[Saved data entries]
┄┄┄┄┄┄

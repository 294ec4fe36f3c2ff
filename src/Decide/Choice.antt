-- ===== src/Decide/Choice.antt =====
-- What ASSET chooses: a trading token of the plan's ticker that nothing rules out.
use mathlib.Core.Path.{subst}
use mathlib.Core.Option.{some-injective}
use mathlib.Core.List.{Mem, mem-cons_self, mem-cons_of_mem}
use new_bnbhack.Common.{
  ap, ◌∙◌, ℕ, ◌≤◌, ◌≡◌, refl, Bool, true, ltb, List, [], ◌∷◌, Option, none, some, find, All, arith,
  inl, inr, Bool-cases, Option-cases, ok,
}
use new_bnbhack.Common.Text.{Text, codes, eq_text}
use new_bnbhack.Amounts.{to_units}
use new_bnbhack.Domain.{Issuer}
use new_bnbhack.Decide.Flows.{
  bind_goes_on, goes_on-injective, units_goes_on, answer_goes_on, then_goes_on,
}
use new_bnbhack.Decide.{
  CycleInput, InstrumentMarket, Flow, goes_on, is_code, is_true, Budget, Search, Look, chosen,
  rejected, nothing_found, excluded_by, excluded_reason, serves, candidates, halted, below_venue,
  look_at, after_look, prepend, choose, nothing_chosen, venue_minimum_stop, daily_cap_stop,
  cap_limit, wait_for_open_if, asset_stage, has_code, corporate_action_codes, text_or,
}

-- The venue's minimum, when it has one, is met by what is planned.
abbrev pub MeetsVenue : Option Text → ℕ → Type 0
MeetsVenue none planned = Unit
MeetsVenue (some text) planned = (n : ℕ) × (to_units text 18 ≡ ok n) × (n ≤ planned)

-- A market may be bought: its token trades, no quote of the cycle rules it out, and the venue
-- accepts the planned spend.
pub record IsBuyable (excluded : List (Text × Text)) (planned : ℕ) (m : InstrumentMarket)
    : Type 0 where
  pub open_now : is_true m.status.open_state ≡ true
  pub trading : is_code (codes "TRADING") m.status.reason_code ≡ true
  pub not_excluded : excluded_reason m.instrument.id excluded ≡ none
  pub meets_venue : MeetsVenue m.venue_min_usd planned

below_venue-MeetsVenue :
    (planned : ℕ) (m : InstrumentMarket) (s : Search)
    → below_venue planned m s ≡ goes_on chosen
    → MeetsVenue m.venue_min_usd planned
unfolding below_venue
below_venue-MeetsVenue planned m s h = elim (Option-cases m.venue_min_usd) [
  | inl e ↦ rw e tt
  | inr (text, e) ↦
      rw e (units_goes_on text _ (rw (e, below_venue) at h) λ n read rest. (n, read, ground arith))
]

halted-ne-chosen :
    (ticker : Text) (m : InstrumentMarket) (s : Search) → ¬ (halted ticker m s ≡ goes_on chosen)
unfolding halted
halted-ne-chosen ticker m s h =
    answer_goes_on
      (has_code corporate_action_codes (text_or m.status.reason_code (codes "UNKNOWN"))) _ _ h
      λ _ rest. cc

look_at-IsBuyable :
    (ticker : Text) (excluded : List (Text × Text)) (planned : ℕ) (m : InstrumentMarket)
    (s : Search)
    → look_at ticker excluded planned m s ≡ goes_on chosen
    → IsBuyable excluded planned m
unfolding look_at
look_at-IsBuyable ticker excluded planned m s h =
    let refused = halted-ne-chosen ticker m s in
    record {
      open_now = ground (arith, refused);
      trading = ground (arith, refused);
      not_excluded = ground (arith, refused);
      meets_venue = below_venue-MeetsVenue planned m s (ground (arith, refused));
    }

module _ {κ} (P : InstrumentMarket → Type κ) (excluded : List (Text × Text)) (planned : ℕ) where
  -- what a chosen market is known to be
  abbrev Good : InstrumentMarket → Type κ
  Good m = IsBuyable excluded planned m × P m

  after_look-Good :
      (c m : InstrumentMarket) (s s' : Search)
      (rest : Search → Flow (Option InstrumentMarket × Search)) (look : Look)
      → (look ≡ chosen → Good c)
      → ((s'' : Search) → rest s'' ≡ goes_on (some m, s') → Good m)
      → after_look c s rest look ≡ goes_on (some m, s')
      → Good m
  unfolding after_look
  after_look-Good c m s s' rest chosen first later h =
      subst Good
        (some-injective _ _
          (ap (λ (r : Option InstrumentMarket × Search). r.0) (goes_on-injective _ _ h)))
        (first refl)
  after_look-Good c m s s' rest (rejected s'') first later h = later s'' h

  -- The loop chooses a candidate that may be bought, and keeps what holds of all candidates.
  choose-Good :
      (ticker : Text) (ms : List InstrumentMarket) (s s' : Search) (m : InstrumentMarket)
      → All P ms
      → choose ticker excluded planned ms s ≡ goes_on (some m, s')
      → Good m
  unfolding choose
  choose-Good ticker [] s s' m _ h = absurd (ground arith)
  choose-Good ticker (c ∷ cs) s s' m (pc, pcs) h =
      bind_goes_on (look_at ticker excluded planned c s) _ h λ look looked rest.
        after_look-Good c m s s' (choose ticker excluded planned cs) look
          (λ e. (look_at-IsBuyable ticker excluded planned c s (looked ∙ ap goes_on e), pc))
          (λ s''. choose-Good ticker cs s'' s' m pcs) rest

-- what is found passes the test and is one of the list
find-eq-some {ℓ} :
    {A : Type ℓ} (p : A → Bool) (xs : List A) (x : A) → find p xs ≡ some x → (p x ≡ true) × Mem x xs
find-eq-some p [] x h = absurd (cc)
find-eq-some p (y ∷ ys) x h = elim (Bool-cases (p y)) [
  | inl hit ↦
      let same : y ≡ x = some-injective y x (rw hit at h) in
      subst (λ z. (p z ≡ true) × Mem z (y ∷ ys)) same (hit, mem-cons_self)
  | inr miss ↦
      let (passes, there) = find-eq-some p ys x (rw miss at h) in (passes, mem-cons_of_mem y there)
]

All-prepend {ℓ κ} :
    {A : Type ℓ} (P : A → Type κ) (o : Option A) (xs : List A)
    → ((x : A) → o ≡ some x → P x)
    → All P xs
    → All P (prepend o xs)
unfolding prepend
All-prepend P none xs h hs = hs
All-prepend P (some x) xs h hs = (h x refl, hs)

-- one of the markets, of the ticker
abbrev pub IsOf : Text → List InstrumentMarket → InstrumentMarket → Type 0
IsOf ticker markets m = (eq_text m.instrument.ticker ticker ≡ true) × Mem m markets

serves-ticker :
    (ticker : Text) (issuer : Issuer) (m : InstrumentMarket)
    → serves ticker issuer m ≡ true
    → eq_text m.instrument.ticker ticker ≡ true
serves-ticker ticker issuer m h = ground arith

candidates-All :
    (ticker : Text) (issuers : List Issuer) (markets : List InstrumentMarket)
    → All (IsOf ticker markets) (candidates ticker issuers markets)
unfolding candidates
candidates-All ticker [] markets = tt
candidates-All ticker (issuer ∷ issuers) markets =
    All-prepend (IsOf ticker markets) (find (serves ticker issuer) markets)
      (candidates ticker issuers markets)
      (λ m e.
        let (serving, there) = find-eq-some (serves ticker issuer) markets m e in
        (serves-ticker ticker issuer m serving, there))
      (candidates-All ticker issuers markets)

daily_cap_stop-ne-goes_on :
    {A : Type 0} (input : CycleInput) (detail : Option Text) (a : A)
    → ¬ (daily_cap_stop input detail ≡ goes_on a)
unfolding daily_cap_stop
daily_cap_stop-ne-goes_on input detail a h =
    units_goes_on input.daily_limit_usd _ h λ n read rest. cc

venue_minimum_stop-ne-goes_on :
    (input : CycleInput) (ticker : Text) (b : Budget) (venue_minimum : ℕ) (m : InstrumentMarket)
    → ¬ (venue_minimum_stop input ticker b venue_minimum ≡ goes_on m)
unfolding venue_minimum_stop
venue_minimum_stop-ne-goes_on input ticker b venue_minimum m h =
    bind_goes_on (cap_limit input b.max_per_buy) _ h λ now_cap _ h1.
      bind_goes_on (cap_limit input b.per_buy_limit) _ h1 λ full_cap _ h2.
        then_goes_on (wait_for_open_if _ input.now _) _ h2 λ _ h3.
          answer_goes_on (ltb now_cap venue_minimum) _ _ h3 λ _ h4.
            answer_goes_on (ltb b.budget venue_minimum) _ _ h4
              λ _ h5. daily_cap_stop-ne-goes_on input _ m h5

nothing_chosen-ne-goes_on :
    (input : CycleInput) (ticker : Text) (b : Budget) (s : Search) (m : InstrumentMarket)
    → ¬ (nothing_chosen input ticker b s ≡ goes_on m)
unfolding nothing_chosen
nothing_chosen-ne-goes_on input ticker b s m h = elim (Option-cases s.venue_minimum) [
  | inl e ↦ ground arith
  | inr (v, e) ↦ ground (arith, venue_minimum_stop-ne-goes_on input ticker b v m)
]

-- What ASSET goes on with trades, is not ruled out by a quote, meets the venue's minimum, and is a
-- token of the plan's ticker.
pub asset_stage-IsBuyable :
    (input : CycleInput) (ticker : Text) (b : Budget) (m : InstrumentMarket)
    → asset_stage input ticker b ≡ goes_on m
    → IsBuyable (excluded_by [] input.quotes) b.planned_spend m × IsOf ticker input.markets m
unfolding asset_stage
asset_stage-IsBuyable input ticker b m h =
    let excluded = excluded_by [] input.quotes in
    let markets = candidates ticker input.plan.issuer_preference input.markets in
    bind_goes_on (choose ticker excluded b.planned_spend markets nothing_found) _ h
      λ (found, s) chose rest. picked found s chose rest
  where
    picked :
        (found : Option InstrumentMarket) (s : Search)
        → choose ticker
            (excluded_by [] input.quotes)
            b.planned_spend
            (candidates ticker input.plan.issuer_preference input.markets)
            nothing_found
          ≡ goes_on (found, s)
        → elim found [ some n ↦ goes_on n | none ↦ nothing_chosen input ticker b s ] ≡ goes_on m
        → IsBuyable (excluded_by [] input.quotes) b.planned_spend m × IsOf ticker input.markets m
    picked none s chose rest = absurd (nothing_chosen-ne-goes_on input ticker b s m rest)
    picked (some n) s chose rest =
        let same : n ≡ m = goes_on-injective n m rest in
        subst
          (λ x.
            IsBuyable (excluded_by [] input.quotes) b.planned_spend x × IsOf ticker input.markets x)
          same
          (choose-Good (IsOf ticker input.markets) (excluded_by [] input.quotes) b.planned_spend
            ticker (candidates ticker input.plan.issuer_preference input.markets) nothing_found s n
            (candidates-All ticker input.plan.issuer_preference input.markets) chose)
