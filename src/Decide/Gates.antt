-- ===== src/Decide/Gates.antt =====
-- Every gate that a buy has passed: what holds whenever `decideCycle` answers `execute`.
use mathlib.Core.Path.{subst₂}
use new_bnbhack.Common.{
  ℕ, ◌≤◌, ◌≡◌, refl, ap, Bool, true, false, not, ◌||◌, ltb, List, Option, none, some, last, arith,
  ok,
}
use new_bnbhack.Common.Text.{Text}
use new_bnbhack.Amounts.{to_units}
use new_bnbhack.Domain.{Target, ticker, sector}
use new_bnbhack.Platform.{Platform}
use new_bnbhack.Decide.Flows.{
  bind_goes_on, goes_on-injective, units_goes_on, answer_goes_on, then_goes_on,
}
use new_bnbhack.Decide.{
  CycleInput, InstrumentMarket, QuoteObservation, goes_on, is_active, is_expired, at_or_before,
  target_ticker, due_stage, Budget, is_some, own_quotes, refused_if, number_or_nan, is_high_impact,
  impact_if, is_fresh, quote_checks, latest_quote, quote_stage, venue_units,
}

-- the ticker that the plan names
abbrev pub NamesTicker : Target → Text → Type 0
NamesTicker (ticker t) t' = t ≡ t'
NamesTicker (sector s) t' = ⊥

module _ {F : Type 0} (p : Platform F) where
  pub record IsDue (input : CycleInput) (tick : Text) : Type 0 where
    pub active : is_active input.plan.status ≡ true
    pub not_expired : is_expired p input.plan.expires_at input.now ≡ false
    pub due_now : at_or_before (p.date_parse input.plan.next_due_at) input.now ≡ true
    pub ticker_named : NamesTicker input.plan.target tick

  target_ticker-names :
      (input : CycleInput) (target : Target) (tick : Text)
      → target_ticker input.plan target ≡ goes_on tick
      → NamesTicker target tick
  target_ticker-names input (ticker t) tick h = goes_on-injective t tick h
  target_ticker-names input (sector s) tick h = cc

  pub due_stage-IsDue :
      (input : CycleInput) (tick : Text) → due_stage p input ≡ goes_on tick → IsDue input tick
  unfolding due_stage
  due_stage-IsDue input tick h =
      answer_goes_on (not (is_active input.plan.status)) _ _ h λ active h1.
        answer_goes_on (is_expired p input.plan.expires_at input.now) _ _ h1 λ not_expired h2.
          answer_goes_on (not (at_or_before (p.date_parse input.plan.next_due_at) input.now)) _ _ h2
            λ due_now h3. record {
              active = ground arith;
              not_expired = not_expired;
              due_now = ground arith;
              ticker_named = target_ticker-names input input.plan.target tick h3;
            }

  -- The latest quote of the token passed every check.
  pub record IsGoodQuote (input : CycleInput) (id : Text) (q : QuoteObservation) : Type 0 where
    pub latest : last (own_quotes id input.quotes) ≡ some q
    pub no_error : q.error_code ≡ none
    pub has_id : is_some q.quote_id ≡ true
    pub has_amount : is_some q.to_token_amount ≡ true
    pub impact_known : p.is_finite (number_or_nan p q.price_impact_pct) ≡ true
    pub impact_low : is_high_impact p (number_or_nan p q.price_impact_pct) ≡ false
    pub fresh : is_fresh p input.now (p.date_parse q.received_at) ≡ true

  refused_if-none :
      (input : CycleInput) (regular : Bool) (q : QuoteObservation) (code : Option Text)
      → refused_if input regular q code ≡ goes_on tt
      → code ≡ none
  unfolding refused_if
  refused_if-none input regular q none h = refl
  refused_if-none input regular q (some code) h = ground arith

  impact_if-false :
      (high : Bool) (input : CycleInput) (b : Budget) (m : InstrumentMarket)
      (own : List QuoteObservation) (spend : ℕ) (impact : F)
      → impact_if p high input b m own spend impact ≡ goes_on tt
      → high ≡ false
  unfolding impact_if
  impact_if-false true input b m own spend impact h =
      bind_goes_on (venue_units m.venue_min_usd) _ h λ venue_min _ h1. ground arith
  impact_if-false false input b m own spend impact h = refl

  quote_checks-IsGoodQuote :
      (input : CycleInput) (regular : Bool) (b : Budget) (m : InstrumentMarket)
      (q : QuoteObservation) (spend : ℕ)
      → let own = own_quotes m.instrument.id input.quotes in
        last own ≡ some q
        → quote_checks p input regular b m own q ≡ goes_on spend
        → IsGoodQuote input m.instrument.id q
          × (to_units q.spend_usd 18 ≡ ok spend)
          × (spend ≤ b.planned_spend)
  unfolding quote_checks
  quote_checks-IsGoodQuote input regular b m q spend latest h =
      let own = own_quotes m.instrument.id input.quotes in
      let impact = number_or_nan p q.price_impact_pct in
      then_goes_on (refused_if input regular q q.error_code) _ h λ accepted h1.
        answer_goes_on (not (is_some q.quote_id) || not (is_some q.to_token_amount)) _ _ h1
          λ complete h2. units_goes_on q.spend_usd _ h2 λ n read h3.
            answer_goes_on (ltb b.planned_spend n) _ _ h3 λ within h4.
              answer_goes_on (not (p.is_finite impact)) _ _ h4 λ known h5.
                then_goes_on (impact_if p (is_high_impact p impact) input b m own n impact) _ h5
                  λ low h6.
                    answer_goes_on (not (is_fresh p input.now (p.date_parse q.received_at))) _ _ h6
                      λ fresh h7.
                        let same : n ≡ spend = goes_on-injective n spend h7 in
                        (
                          record {
                            latest = latest;
                            no_error = refused_if-none input regular q q.error_code accepted;
                            has_id = ground (arith, complete);
                            has_amount = ground (arith, complete);
                            impact_known = ground (arith, known);
                            impact_low =
                                impact_if-false (is_high_impact p impact) input b m own n impact
                                  low;
                            fresh = ground (arith, fresh);
                          },
                          rw (← same) read,
                          ground (arith, same, within),
                        )

  latest_quote-IsGoodQuote :
      (input : CycleInput) (regular : Bool) (b : Budget) (m : InstrumentMarket)
      (q : QuoteObservation) (spend : ℕ) (latest : Option QuoteObservation)
      → let own = own_quotes m.instrument.id input.quotes in
        last own ≡ latest
        → latest_quote p input regular b m own latest ≡ goes_on (q, spend)
        → IsGoodQuote input m.instrument.id q
          × (to_units q.spend_usd 18 ≡ ok spend)
          × (spend ≤ b.planned_spend)
  unfolding latest_quote
  latest_quote-IsGoodQuote input regular b m q spend none e h = absurd (cc)
  latest_quote-IsGoodQuote input regular b m q spend (some l) e h =
      bind_goes_on (quote_checks p input regular b m (own_quotes m.instrument.id input.quotes) l) _
        h
        λ n checked rest.
          let same = goes_on-injective (l, n) (q, spend) rest in
          let q_same : l ≡ q = ap (λ (r : QuoteObservation × ℕ). r.0) same in
          let n_same : n ≡ spend = ap (λ (r : QuoteObservation × ℕ). r.1) same in
          subst₂
            (λ x k.
              IsGoodQuote input m.instrument.id x
              × (to_units x.spend_usd 18 ≡ ok k)
              × (k ≤ b.planned_spend))
            q_same n_same (quote_checks-IsGoodQuote input regular b m l n e checked)

  pub quote_stage-IsGoodQuote :
      (input : CycleInput) (regular : Bool) (b : Budget) (m : InstrumentMarket)
      (q : QuoteObservation) (spend : ℕ)
      → quote_stage p input regular b m ≡ goes_on (q, spend)
      → IsGoodQuote input m.instrument.id q
        × (to_units q.spend_usd 18 ≡ ok spend)
        × (spend ≤ b.planned_spend)
  unfolding quote_stage
  quote_stage-IsGoodQuote input regular b m q spend h =
      latest_quote-IsGoodQuote input regular b m q spend
        (last (own_quotes m.instrument.id input.quotes)) refl h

┄┄┄┄┄┄

Among the records above, extract exactly the lines from the line with "(choose-Good (IsOf ticker" to the line with "pub active : is_active", both lines included, and leave out the rest.

          (choose-Good (IsOf ticker input.markets) (excluded_by [] input.quotes) b.planned_spend
            ticker (candidates ticker input.plan.issuer_preference input.markets) nothing_found s n
            (candidates-All ticker input.plan.issuer_preference input.markets) chose)
filename src/Decide/Gates.antt
-- ===== src/Decide/Gates.antt =====
-- Every gate that a buy has passed: what holds whenever `decideCycle` answers `execute`.
use mathlib.Core.Path.{subst₂}
use new_bnbhack.Common.{
  ℕ, ◌≤◌, ◌≡◌, refl, ap, Bool, true, false, not, ◌||◌, ltb, List, Option, none, some, last, arith,
  ok,
}
use new_bnbhack.Common.Text.{Text}
use new_bnbhack.Amounts.{to_units}
use new_bnbhack.Domain.{Target, ticker, sector}
use new_bnbhack.Platform.{Platform}
use new_bnbhack.Decide.Flows.{
  bind_goes_on, goes_on-injective, units_goes_on, answer_goes_on, then_goes_on,
}
use new_bnbhack.Decide.{
  CycleInput, InstrumentMarket, QuoteObservation, goes_on, is_active, is_expired, at_or_before,
  target_ticker, due_stage, Budget, is_some, own_quotes, refused_if, number_or_nan, is_high_impact,
  impact_if, is_fresh, quote_checks, latest_quote, quote_stage, venue_units,
}

-- the ticker that the plan names
abbrev pub NamesTicker : Target → Text → Type 0
NamesTicker (ticker t) t' = t ≡ t'
NamesTicker (sector s) t' = ⊥

module _ {F : Type 0} (p : Platform F) where
  pub record IsDue (input : CycleInput) (tick : Text) : Type 0 where
    pub active : is_active input.plan.status ≡ true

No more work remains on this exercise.